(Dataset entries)
_ _ _
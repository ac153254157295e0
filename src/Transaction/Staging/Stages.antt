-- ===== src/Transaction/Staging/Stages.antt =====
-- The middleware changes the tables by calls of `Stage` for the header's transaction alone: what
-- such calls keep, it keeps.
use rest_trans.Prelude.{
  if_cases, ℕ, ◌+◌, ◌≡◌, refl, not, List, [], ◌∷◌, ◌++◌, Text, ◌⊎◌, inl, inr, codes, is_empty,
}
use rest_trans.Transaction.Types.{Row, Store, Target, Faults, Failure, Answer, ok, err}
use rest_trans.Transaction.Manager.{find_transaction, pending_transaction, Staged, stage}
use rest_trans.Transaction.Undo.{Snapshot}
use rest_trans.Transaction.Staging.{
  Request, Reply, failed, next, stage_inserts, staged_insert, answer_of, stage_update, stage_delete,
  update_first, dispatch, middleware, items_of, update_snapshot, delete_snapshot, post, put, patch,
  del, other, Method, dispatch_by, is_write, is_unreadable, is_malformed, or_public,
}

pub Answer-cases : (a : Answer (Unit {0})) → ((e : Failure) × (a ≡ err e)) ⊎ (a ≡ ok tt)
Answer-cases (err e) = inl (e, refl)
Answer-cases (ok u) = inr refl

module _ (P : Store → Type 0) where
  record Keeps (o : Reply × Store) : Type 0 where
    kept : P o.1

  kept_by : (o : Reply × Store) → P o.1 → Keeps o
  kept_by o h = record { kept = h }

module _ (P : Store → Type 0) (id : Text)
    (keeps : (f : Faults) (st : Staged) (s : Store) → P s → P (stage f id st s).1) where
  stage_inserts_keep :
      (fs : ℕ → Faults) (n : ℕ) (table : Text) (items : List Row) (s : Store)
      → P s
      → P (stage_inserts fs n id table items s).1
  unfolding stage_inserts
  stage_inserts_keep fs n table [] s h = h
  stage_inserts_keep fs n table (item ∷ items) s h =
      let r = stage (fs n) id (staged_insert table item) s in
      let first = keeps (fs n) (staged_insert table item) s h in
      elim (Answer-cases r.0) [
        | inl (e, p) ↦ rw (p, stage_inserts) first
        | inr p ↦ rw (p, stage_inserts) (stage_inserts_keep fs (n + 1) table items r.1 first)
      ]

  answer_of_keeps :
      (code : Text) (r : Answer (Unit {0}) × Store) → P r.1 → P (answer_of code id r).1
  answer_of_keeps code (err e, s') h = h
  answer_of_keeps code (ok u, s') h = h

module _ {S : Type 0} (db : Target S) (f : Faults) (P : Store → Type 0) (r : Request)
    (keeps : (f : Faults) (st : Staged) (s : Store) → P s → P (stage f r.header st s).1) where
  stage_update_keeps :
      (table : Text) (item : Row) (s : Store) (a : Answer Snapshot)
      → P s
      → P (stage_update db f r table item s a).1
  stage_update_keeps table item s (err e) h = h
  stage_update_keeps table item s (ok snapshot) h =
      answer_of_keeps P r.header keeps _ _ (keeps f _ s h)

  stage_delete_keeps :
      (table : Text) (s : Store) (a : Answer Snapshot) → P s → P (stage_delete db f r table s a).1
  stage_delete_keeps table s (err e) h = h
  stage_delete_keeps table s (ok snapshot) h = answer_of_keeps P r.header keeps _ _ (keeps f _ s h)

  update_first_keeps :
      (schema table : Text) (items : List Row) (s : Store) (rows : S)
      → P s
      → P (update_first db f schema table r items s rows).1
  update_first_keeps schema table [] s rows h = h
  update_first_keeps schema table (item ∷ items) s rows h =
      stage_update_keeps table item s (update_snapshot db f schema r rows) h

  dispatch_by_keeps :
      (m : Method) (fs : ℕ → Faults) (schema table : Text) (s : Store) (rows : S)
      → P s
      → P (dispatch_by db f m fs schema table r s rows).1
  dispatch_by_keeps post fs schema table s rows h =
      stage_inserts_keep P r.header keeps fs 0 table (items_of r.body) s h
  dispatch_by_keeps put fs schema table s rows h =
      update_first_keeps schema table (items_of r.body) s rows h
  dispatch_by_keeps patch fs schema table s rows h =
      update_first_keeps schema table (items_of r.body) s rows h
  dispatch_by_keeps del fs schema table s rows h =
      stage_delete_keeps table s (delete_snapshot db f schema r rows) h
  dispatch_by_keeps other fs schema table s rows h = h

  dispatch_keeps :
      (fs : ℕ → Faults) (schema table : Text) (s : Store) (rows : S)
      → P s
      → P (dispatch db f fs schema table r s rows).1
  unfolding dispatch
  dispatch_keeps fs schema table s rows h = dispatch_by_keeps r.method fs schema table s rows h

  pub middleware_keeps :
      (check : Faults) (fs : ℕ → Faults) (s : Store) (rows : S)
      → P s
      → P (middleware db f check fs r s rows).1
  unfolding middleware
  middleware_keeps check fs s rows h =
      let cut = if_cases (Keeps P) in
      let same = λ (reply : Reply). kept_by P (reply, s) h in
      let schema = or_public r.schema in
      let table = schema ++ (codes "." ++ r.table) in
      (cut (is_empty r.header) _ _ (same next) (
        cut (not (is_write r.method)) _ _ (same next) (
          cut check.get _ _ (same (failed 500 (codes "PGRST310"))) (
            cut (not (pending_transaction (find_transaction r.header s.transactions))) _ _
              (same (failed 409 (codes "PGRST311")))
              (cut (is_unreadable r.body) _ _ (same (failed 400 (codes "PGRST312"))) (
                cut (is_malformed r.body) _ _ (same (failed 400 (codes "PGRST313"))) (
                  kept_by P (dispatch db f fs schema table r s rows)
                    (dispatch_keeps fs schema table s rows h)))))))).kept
_ _ _
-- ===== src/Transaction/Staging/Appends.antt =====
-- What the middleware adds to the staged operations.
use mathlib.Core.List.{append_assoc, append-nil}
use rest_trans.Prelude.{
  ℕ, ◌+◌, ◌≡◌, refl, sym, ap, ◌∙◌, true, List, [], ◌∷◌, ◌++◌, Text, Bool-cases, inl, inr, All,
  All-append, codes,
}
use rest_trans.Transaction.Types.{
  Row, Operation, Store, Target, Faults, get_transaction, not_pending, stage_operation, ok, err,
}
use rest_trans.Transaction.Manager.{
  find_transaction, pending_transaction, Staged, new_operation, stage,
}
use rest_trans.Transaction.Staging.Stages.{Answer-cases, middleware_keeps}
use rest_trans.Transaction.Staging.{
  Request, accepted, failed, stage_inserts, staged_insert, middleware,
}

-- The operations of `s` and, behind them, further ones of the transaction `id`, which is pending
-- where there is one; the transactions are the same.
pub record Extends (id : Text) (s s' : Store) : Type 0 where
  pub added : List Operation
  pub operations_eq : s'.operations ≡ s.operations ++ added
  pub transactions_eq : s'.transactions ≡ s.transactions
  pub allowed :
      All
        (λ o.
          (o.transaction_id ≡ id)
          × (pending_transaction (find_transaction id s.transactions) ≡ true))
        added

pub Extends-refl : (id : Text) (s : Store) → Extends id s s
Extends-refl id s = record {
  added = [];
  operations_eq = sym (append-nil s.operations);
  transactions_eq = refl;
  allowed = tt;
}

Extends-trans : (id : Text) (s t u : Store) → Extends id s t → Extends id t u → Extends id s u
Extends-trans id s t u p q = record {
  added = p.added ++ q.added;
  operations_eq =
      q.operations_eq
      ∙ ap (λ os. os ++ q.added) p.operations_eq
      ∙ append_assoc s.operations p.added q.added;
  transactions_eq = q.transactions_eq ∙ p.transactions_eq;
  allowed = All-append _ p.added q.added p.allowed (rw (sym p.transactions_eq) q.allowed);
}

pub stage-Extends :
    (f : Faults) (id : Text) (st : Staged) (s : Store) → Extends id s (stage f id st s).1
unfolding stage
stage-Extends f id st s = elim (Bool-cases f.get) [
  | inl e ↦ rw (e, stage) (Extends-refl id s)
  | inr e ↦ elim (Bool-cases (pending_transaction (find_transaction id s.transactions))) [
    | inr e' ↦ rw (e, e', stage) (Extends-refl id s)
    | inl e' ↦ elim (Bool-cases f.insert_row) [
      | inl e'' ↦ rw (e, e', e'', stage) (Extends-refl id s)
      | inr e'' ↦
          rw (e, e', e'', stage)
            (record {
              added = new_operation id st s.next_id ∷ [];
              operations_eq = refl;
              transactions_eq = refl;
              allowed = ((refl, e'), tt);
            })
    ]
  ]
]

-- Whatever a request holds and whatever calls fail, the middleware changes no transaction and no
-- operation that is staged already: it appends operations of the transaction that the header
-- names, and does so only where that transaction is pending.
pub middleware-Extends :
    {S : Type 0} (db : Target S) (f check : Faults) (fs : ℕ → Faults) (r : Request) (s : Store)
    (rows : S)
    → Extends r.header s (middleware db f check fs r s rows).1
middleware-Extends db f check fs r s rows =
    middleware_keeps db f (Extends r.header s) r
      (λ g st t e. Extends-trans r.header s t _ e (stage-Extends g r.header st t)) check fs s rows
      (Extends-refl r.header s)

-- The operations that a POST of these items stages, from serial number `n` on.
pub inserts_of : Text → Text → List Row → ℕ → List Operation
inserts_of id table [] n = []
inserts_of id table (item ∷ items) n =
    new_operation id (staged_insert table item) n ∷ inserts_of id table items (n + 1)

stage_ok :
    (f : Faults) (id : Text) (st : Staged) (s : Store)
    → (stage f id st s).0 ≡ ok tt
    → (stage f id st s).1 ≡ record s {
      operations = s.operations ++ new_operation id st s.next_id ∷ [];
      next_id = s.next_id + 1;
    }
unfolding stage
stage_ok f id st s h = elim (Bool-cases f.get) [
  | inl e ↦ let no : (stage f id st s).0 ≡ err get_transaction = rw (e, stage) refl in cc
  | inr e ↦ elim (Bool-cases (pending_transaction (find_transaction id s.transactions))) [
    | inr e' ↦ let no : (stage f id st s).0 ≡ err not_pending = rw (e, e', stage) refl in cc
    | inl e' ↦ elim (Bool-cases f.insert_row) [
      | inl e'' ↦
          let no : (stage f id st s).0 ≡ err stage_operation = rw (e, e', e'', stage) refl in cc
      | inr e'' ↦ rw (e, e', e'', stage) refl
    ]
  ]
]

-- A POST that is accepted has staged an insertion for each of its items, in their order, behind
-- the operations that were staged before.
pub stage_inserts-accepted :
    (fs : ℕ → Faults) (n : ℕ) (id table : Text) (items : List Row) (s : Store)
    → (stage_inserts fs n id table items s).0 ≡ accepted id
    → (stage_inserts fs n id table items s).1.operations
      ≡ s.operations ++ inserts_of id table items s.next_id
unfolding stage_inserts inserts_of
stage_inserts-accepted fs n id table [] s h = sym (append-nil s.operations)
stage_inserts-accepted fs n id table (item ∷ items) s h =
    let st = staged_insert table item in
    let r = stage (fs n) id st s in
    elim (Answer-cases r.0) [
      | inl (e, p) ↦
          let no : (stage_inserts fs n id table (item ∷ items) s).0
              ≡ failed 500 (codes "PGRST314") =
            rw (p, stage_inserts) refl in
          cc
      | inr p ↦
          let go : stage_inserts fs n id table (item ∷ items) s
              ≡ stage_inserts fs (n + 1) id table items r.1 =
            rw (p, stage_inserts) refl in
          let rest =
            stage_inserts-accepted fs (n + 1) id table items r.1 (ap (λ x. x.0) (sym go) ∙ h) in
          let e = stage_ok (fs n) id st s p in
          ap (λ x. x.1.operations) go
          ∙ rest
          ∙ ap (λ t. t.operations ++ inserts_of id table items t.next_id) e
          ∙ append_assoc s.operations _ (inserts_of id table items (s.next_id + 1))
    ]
_ _ _
YOUR TASK
Starting from the records above, copy each line where the string "elim" is found.

ANSWER BELOW
      elim (Answer-cases r.0) [
stage-Extends f id st s = elim (Bool-cases f.get) [
  | inr e ↦ elim (Bool-cases (pending_transaction (find_transaction id s.transactions))) [
    | inl e' ↦ elim (Bool-cases f.insert_row) [
stage_ok f id st s h = elim (Bool-cases f.get) [
  | inr e ↦ elim (Bool-cases (pending_transaction (find_transaction id s.transactions))) [
    | inl e' ↦ elim (Bool-cases f.insert_row) [
    elim (Answer-cases r.0) [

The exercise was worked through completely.